Piratage du système informatique
Ronald Femshang Mohchietih a déclaré qu’il a remis ses effets personnels et une somme de 150 mille francs à Edmond Tabey pour que ce dernier lui facilite l’obtention d’un visa. Quelques semaines après, Cheambe Edmond lui a demandé de le rejoindre à Biyem-Assi pour lui remettre le document sollicité. A son arrivée, ce dernier lui a plutôt présenté une fausse CNI portant sa photo et lui a demandé de l’aider à récupérer l’argent qu’on lui avait envoyé de l’étranger en prétextant qu’il y a eu une erreur de destinataire. «Nous sommes allés à Ria-Money, je me suis présenté au guichet avec la documentation qu’il m’a remis et j’ai retiré la somme de 2,3 millions de francs. C’est lui qui a signé le bordereau et m’a remise 150 mille francs» Au cours de l’enquête policière, Ronald Femshang dit avoir restitué les fonds qu’il a décaissés à la société Fosso Sarl.
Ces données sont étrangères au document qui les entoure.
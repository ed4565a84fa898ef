-- ===== src/Accounts/Refs.antt =====
-- keyring_parse reads what keyring_ref writes.
use funding_tool.Prelude.{◌≡◌, refl, ap, true, false, String, arith}
use funding_tool.Errors.{ok}
use funding_tool.Accounts.{
  append, has_colon, rpartition, service_of, keyring_ref, strip_prefix, parsed, keyring_parse,
}

has_colon-append : (s t : String) → has_colon t ≡ true → has_colon (append s t) ≡ true
unfolding has_colon append
has_colon-append String.[] t h = h
has_colon-append (String.◌∷◌ c s) t h = ground (arith, has_colon-append s t h)

rpartition-append :
    (s k : String) → has_colon k ≡ false → rpartition (append s (append ":" k)) ≡ (s, k)
unfolding rpartition append has_colon
rpartition-append String.[] k h = rw h refl
rpartition-append (String.◌∷◌ c s) k h =
    rw (has_colon-append s (append ":" k) refl, rpartition-append s k h) refl

-- The service and the kind come back from the reference of an account whatever its name is, if the
-- kind has no colon.
pub keyring_parse-keyring_ref :
    (name kind : String)
    → has_colon kind ≡ false
    → keyring_parse (keyring_ref name kind) ≡ ok (service_of name, kind)
unfolding keyring_parse keyring_ref parsed strip_prefix append
keyring_parse-keyring_ref name kind h = ap ok (rpartition-append (service_of name) kind h)
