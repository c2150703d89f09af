-- ===== src/Static/Diff/Tables.antt =====
-- The diff of two routing tables brings the kernel from the one to the other.
use satgonetem.Base.{
  ◌≡◌, ◌≢◌, refl, sym, ◌∙◌, ap, false, ◌||◌, Option, none, some, List, [], ◌∷◌, map, Text, mem, get,
  put, keys, Dict, mem-keys-put, OnePerKey, get-ne-none_of_mem-map, get-same, OnePerKey-same,
  mem-filter, ◌&&◌, mem-map_keys_of_mem, Result, ok, >>=-eq-ok, map_result, or_else, arith, text_eq,
}
use satgonetem.Emulator.{Heap, RoutingEntry}
use satgonetem.Static.Diff.{
  Prefix, Via, Key, Line, prefix_of, may_delete, entry_key, index_from, diff_lines,
  emit_batch_commands, text_pair_eq, key_eq,
}
use satgonetem.Static.Diff.Kernel.{Kernel, run}
use satgonetem.Static.Diff.Refines.{surviving, diff_lines_installs}
use satgonetem.Static.Diff.Batches.{AllLive}

-- The keys of a table, in its order.
abbrev pub table_keys : Heap → List RoutingEntry → Result (List Key)
table_keys heap = map_result (entry_key heap)

table_keys-cons :
    (heap : Heap) (e : RoutingEntry) (tbl : List RoutingEntry) (ks : List Key)
    → table_keys heap (e ∷ tbl) ≡ ok ks
    → (k : Key) × (rest : List Key) × (entry_key heap e ≡ ok k)
      × (table_keys heap tbl ≡ ok rest)
      × (ks ≡ k ∷ rest)
table_keys-cons heap e tbl ks h =
    let (k, first, more) = >>=-eq-ok (entry_key heap e) _ h in
    let (rest, others, whole) = >>=-eq-ok (table_keys heap tbl) _ more in
    (k, rest, first, others, cc)

module _ (heap : Heap) where
  -- The dictionary of a table has the keys of its entries.
  index_from-keys :
      (tbl : List RoutingEntry) (d : Dict Key RoutingEntry) (ks : List Key)
      → table_keys heap tbl ≡ ok ks
      → (d' : Dict Key RoutingEntry) × (index_from heap d tbl ≡ ok d')
        × ((k : Key) → mem k (keys d') ≡ (mem k (keys d) || mem k ks))
  unfolding index_from
  index_from-keys [] d ks t = (d, refl, λ k. ground arith)
  index_from-keys (e ∷ tbl) d ks t =
      let (k0, rest, first, others, whole) = table_keys-cons heap e tbl ks t in
      let (d', built, has) = index_from-keys tbl (put k0 e d) rest others in
      (d', rw first built, λ k. ground (arith, has k, whole, mem-keys-put k0 k e d))

  map-table_keys :
      (tbl : List RoutingEntry) (ks : List Key)
      → table_keys heap tbl ≡ ok ks
      → map (λ k. k.0) ks ≡ map prefix_of tbl
  unfolding entry_key
  map-table_keys [] ks h = cc
  map-table_keys (e ∷ tbl) ks h =
      let (k0, rest, first, others, whole) = table_keys-cons heap e tbl ks h in
      ground (arith, map-table_keys tbl rest others)

-- What a kernel finds, prefix by prefix: the routes of a table, and `other` routes beside them.
abbrev pub Shows :
    {live : List Text} (kernel : Kernel live)
    → kernel.Fib
    → List Key
    → (Prefix → Option Via)
    → Type 0
Shows kernel f ks other = (p : Prefix) → kernel.route f p ≡ or_else (get p ks) (other p)

abbrev SameKeys : List Key → List Key → Type 0
SameKeys xs ys = (k : Key) → mem k xs ≡ mem k ys

surviving-SameKeys :
    (live : List Text) (xs ys : List Key)
    → SameKeys xs ys
    → SameKeys (surviving live xs) (surviving live ys)
surviving-SameKeys live xs ys same k =
    mem-filter (may_delete (some live)) k xs
    ∙ ap (λ b. b && may_delete (some live) k) (same k)
    ∙ sym (mem-filter (may_delete (some live)) k ys)

surviving-OnePerKey :
    (live : List Text) (ks : List Key) → OnePerKey ks → OnePerKey (surviving live ks)
surviving-OnePerKey live ks one p v w m n =
    one p v w (ground (arith, mem-filter (may_delete (some live)) (p, v) ks))
      (ground (arith, mem-filter (may_delete (some live)) (p, w) ks))

module _ (heap : Heap) {live : List Text} (kernel : Kernel live) where
  open kernel use {Fib, route}

  -- The kernel finds the previous table, less the routes that went away with their devices, and
  -- routes at other prefixes. Each table has one route for a prefix, and the current routes use
  -- devices that exist. Then the diff is computed without an exception, and after its batch the
  -- kernel finds exactly the current table and the other routes.
  pub emit_batch_commands-Shows :
      (prev_tbl curr_tbl : List RoutingEntry) (prev curr : List Key) (other : Prefix → Option Via)
      → (f : Fib) → table_keys heap prev_tbl ≡ ok prev
      → table_keys heap curr_tbl ≡ ok curr
      → OnePerKey prev
      → OnePerKey curr
      → AllLive live curr
      → ((p : Prefix) → get p (surviving live prev) ≢ none → other p ≡ none)
      → Shows kernel f (surviving live prev) other
      → (ls : List Line) × (emit_batch_commands heap false prev_tbl curr_tbl (some live) ≡ ok ls)
        × Shows kernel (run kernel f ls) curr other
  unfolding emit_batch_commands
  emit_batch_commands-Shows prev_tbl curr_tbl prev curr other f tp tc op oc live_curr apart shows =
      let (dc, built_c, has_c) = index_from-keys heap curr_tbl [] curr tc in
      let (dp, built_p, has_p) = index_from-keys heap prev_tbl [] prev tp in
      (
        diff_lines (keys dp) (keys dc) (map prefix_of curr_tbl) (some live),
        rw (built_c, built_p),
        λ p.
            let survive = surviving-SameKeys live (keys dp) prev has_p in
            let same_get =
              get-same p (surviving live (keys dp)) (surviving live prev) survive
                (surviving-OnePerKey live prev op) in
            diff_lines_installs kernel (keys dp) (keys dc) (map prefix_of curr_tbl)
              (OnePerKey-same (keys dp) prev has_p op) (OnePerKey-same (keys dc) curr has_c oc)
              (λ k m. live_curr k (sym (has_c k) ∙ m))
              (λ q v m.
                rw (← map-table_keys heap curr_tbl curr tc)
                  (mem-map_keys_of_mem q v curr (sym (has_c (q, v)) ∙ m)))
              (λ q m gone.
                get-ne-none_of_mem-map q curr (rw (map-table_keys heap curr_tbl curr tc) m)
                  (sym (get-same q (keys dc) curr has_c oc) ∙ gone))
              f p (other p) (shows p ∙ ap (λ o. or_else o (other p)) (sym same_get))
              (λ h. apart p (λ gone. h (same_get ∙ gone)))
            ∙ ap (λ o. or_else o (other p)) (get-same p (keys dc) curr has_c oc),
      )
Lors de ses réquisitions, le représentant du ministère public a déclaré que les mis en cause font partie d’un gang spécialisé dans le piratage des systèmes informatiques des banques. Et que le cerveau de ces détournements frauduleux est en cabale, mais, fait l’objet d’un mandat d’arrêt. Il a requis la culpabilité des trois personnes.
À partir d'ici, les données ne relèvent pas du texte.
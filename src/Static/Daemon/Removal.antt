-- ===== src/Static/Daemon/Removal.antt =====
-- The removal of the routes of one node.
use satgonetem.Base.{List, nat_eq, text_eq}
use satgonetem.Static.Diff.{text_pair_eq, key_eq}
use satgonetem.Static.Diff.Kernel.{Kernel}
L’avocat de la société Fosso Sarl, a quant à lui, déclaré que sa cliente a des partenaires internationaux, constitués, entre autres, des Camerounais résidents à l’étranger, qui envoient de l’argent à leur famille via-Ria money, une filiale de la société Fosso. « Ils sont plus de 17 personnes à avoir perçu ces fonds frauduleux. Depuis que les trois mis en cause ont été neutralisés, il n’y a plus eu de plainte de vol d’argent dans notre société. Nous avons perdu plus de 20 millions de francs à cause des malversations perpétrées par ces derniers », a-t-il confié.
L’avocat des mis en cause a, pour sa part, plaidé l’indulgence du tribunal et les circonstances atténuantes en faveur de ses clients. Le verdict est attendu le 26 juillet 2021.